WHAT THE EXERCISE ASKS: Pull from the data below each line where the word "unfolding" occurs, and copy it.

DATASET EXCERPTS:

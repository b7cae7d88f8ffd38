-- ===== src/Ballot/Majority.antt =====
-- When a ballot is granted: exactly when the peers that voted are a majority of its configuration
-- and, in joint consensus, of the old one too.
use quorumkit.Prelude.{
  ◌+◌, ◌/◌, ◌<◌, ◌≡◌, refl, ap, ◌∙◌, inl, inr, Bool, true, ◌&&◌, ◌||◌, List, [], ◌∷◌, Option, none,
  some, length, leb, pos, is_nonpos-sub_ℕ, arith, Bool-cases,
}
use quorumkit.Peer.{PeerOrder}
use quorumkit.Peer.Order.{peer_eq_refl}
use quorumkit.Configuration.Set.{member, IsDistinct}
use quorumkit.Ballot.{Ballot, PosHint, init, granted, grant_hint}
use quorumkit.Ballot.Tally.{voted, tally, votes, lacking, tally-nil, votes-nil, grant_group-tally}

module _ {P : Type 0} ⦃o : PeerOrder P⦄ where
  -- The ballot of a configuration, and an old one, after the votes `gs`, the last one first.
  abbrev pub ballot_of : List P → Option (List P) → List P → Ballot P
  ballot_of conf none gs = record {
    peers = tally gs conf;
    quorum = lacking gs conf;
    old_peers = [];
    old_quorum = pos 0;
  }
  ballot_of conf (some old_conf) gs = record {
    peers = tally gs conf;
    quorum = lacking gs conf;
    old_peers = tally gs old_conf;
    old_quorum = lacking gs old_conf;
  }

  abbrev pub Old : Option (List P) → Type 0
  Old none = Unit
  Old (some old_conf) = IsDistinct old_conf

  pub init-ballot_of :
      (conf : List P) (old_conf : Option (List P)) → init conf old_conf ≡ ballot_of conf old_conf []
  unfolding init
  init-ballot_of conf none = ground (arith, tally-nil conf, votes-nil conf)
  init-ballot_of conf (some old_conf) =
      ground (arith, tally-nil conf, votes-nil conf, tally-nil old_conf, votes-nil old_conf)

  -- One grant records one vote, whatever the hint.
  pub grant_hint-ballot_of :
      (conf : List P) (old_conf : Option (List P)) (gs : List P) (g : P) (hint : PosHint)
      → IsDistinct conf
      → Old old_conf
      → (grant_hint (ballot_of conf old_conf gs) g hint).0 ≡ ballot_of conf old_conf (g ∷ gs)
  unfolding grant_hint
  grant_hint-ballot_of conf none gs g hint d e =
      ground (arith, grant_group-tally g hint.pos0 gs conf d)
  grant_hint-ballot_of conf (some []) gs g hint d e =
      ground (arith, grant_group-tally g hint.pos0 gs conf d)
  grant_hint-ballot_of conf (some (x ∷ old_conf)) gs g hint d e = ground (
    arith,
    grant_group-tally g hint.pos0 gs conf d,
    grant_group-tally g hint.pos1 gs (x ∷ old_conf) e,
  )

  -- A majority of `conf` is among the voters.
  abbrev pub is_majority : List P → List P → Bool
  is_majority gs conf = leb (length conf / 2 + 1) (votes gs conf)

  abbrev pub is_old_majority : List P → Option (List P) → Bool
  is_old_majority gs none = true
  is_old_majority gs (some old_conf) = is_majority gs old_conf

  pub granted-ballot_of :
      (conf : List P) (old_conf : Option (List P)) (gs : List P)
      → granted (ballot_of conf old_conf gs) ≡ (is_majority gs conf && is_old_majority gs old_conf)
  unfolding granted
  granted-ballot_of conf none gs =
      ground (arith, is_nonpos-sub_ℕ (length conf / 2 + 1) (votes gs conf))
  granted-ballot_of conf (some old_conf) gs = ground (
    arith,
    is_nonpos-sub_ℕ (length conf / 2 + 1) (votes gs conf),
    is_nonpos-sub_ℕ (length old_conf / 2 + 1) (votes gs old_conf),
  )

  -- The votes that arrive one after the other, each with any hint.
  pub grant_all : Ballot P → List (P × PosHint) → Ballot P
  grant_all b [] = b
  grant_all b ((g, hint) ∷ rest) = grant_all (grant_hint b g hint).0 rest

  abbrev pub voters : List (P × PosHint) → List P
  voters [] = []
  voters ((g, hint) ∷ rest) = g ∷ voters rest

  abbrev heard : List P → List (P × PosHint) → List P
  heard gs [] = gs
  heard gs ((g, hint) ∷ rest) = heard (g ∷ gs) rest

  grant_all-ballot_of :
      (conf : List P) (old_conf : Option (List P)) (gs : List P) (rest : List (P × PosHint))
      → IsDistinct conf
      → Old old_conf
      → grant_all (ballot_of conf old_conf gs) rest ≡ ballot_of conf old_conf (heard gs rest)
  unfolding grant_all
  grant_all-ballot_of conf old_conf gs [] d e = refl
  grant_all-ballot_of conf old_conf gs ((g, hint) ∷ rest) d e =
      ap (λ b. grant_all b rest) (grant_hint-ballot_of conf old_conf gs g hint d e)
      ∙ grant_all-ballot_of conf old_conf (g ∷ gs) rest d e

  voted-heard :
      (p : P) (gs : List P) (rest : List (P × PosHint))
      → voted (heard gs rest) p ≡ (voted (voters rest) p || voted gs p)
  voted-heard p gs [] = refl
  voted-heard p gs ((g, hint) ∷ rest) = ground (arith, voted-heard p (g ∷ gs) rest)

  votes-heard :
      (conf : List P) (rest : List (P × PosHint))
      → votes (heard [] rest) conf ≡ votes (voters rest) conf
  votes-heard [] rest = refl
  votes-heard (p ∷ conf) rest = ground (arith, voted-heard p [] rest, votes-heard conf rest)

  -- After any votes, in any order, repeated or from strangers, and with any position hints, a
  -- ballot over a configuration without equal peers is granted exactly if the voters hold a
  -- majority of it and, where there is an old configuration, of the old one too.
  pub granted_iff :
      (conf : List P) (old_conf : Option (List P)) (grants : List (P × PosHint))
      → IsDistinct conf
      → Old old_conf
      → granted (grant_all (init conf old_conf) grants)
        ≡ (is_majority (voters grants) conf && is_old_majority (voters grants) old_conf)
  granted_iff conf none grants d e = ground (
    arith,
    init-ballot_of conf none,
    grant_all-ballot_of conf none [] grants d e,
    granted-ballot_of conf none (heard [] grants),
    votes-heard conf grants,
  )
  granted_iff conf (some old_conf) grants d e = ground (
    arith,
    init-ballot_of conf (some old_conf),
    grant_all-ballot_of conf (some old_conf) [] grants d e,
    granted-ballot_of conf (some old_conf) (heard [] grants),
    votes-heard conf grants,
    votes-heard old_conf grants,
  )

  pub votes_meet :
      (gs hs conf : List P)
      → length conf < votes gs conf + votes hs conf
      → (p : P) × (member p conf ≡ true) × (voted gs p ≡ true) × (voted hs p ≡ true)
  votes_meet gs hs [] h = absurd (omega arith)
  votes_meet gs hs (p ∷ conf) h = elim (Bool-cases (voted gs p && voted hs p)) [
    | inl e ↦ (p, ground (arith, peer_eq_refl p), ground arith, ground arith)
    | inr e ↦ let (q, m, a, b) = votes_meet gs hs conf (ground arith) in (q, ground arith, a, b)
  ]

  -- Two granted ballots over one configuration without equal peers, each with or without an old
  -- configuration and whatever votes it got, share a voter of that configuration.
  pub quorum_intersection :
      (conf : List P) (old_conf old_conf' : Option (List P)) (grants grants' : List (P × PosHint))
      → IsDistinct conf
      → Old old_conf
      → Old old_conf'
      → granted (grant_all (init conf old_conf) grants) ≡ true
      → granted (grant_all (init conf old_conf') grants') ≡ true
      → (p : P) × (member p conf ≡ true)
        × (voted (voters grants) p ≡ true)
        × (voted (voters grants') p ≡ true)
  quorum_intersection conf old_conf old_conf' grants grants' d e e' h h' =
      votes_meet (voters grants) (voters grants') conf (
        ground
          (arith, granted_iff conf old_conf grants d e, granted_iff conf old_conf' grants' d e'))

RESPONSE AREA:
  unfolding init
  unfolding grant_hint
  unfolding granted
  unfolding grant_all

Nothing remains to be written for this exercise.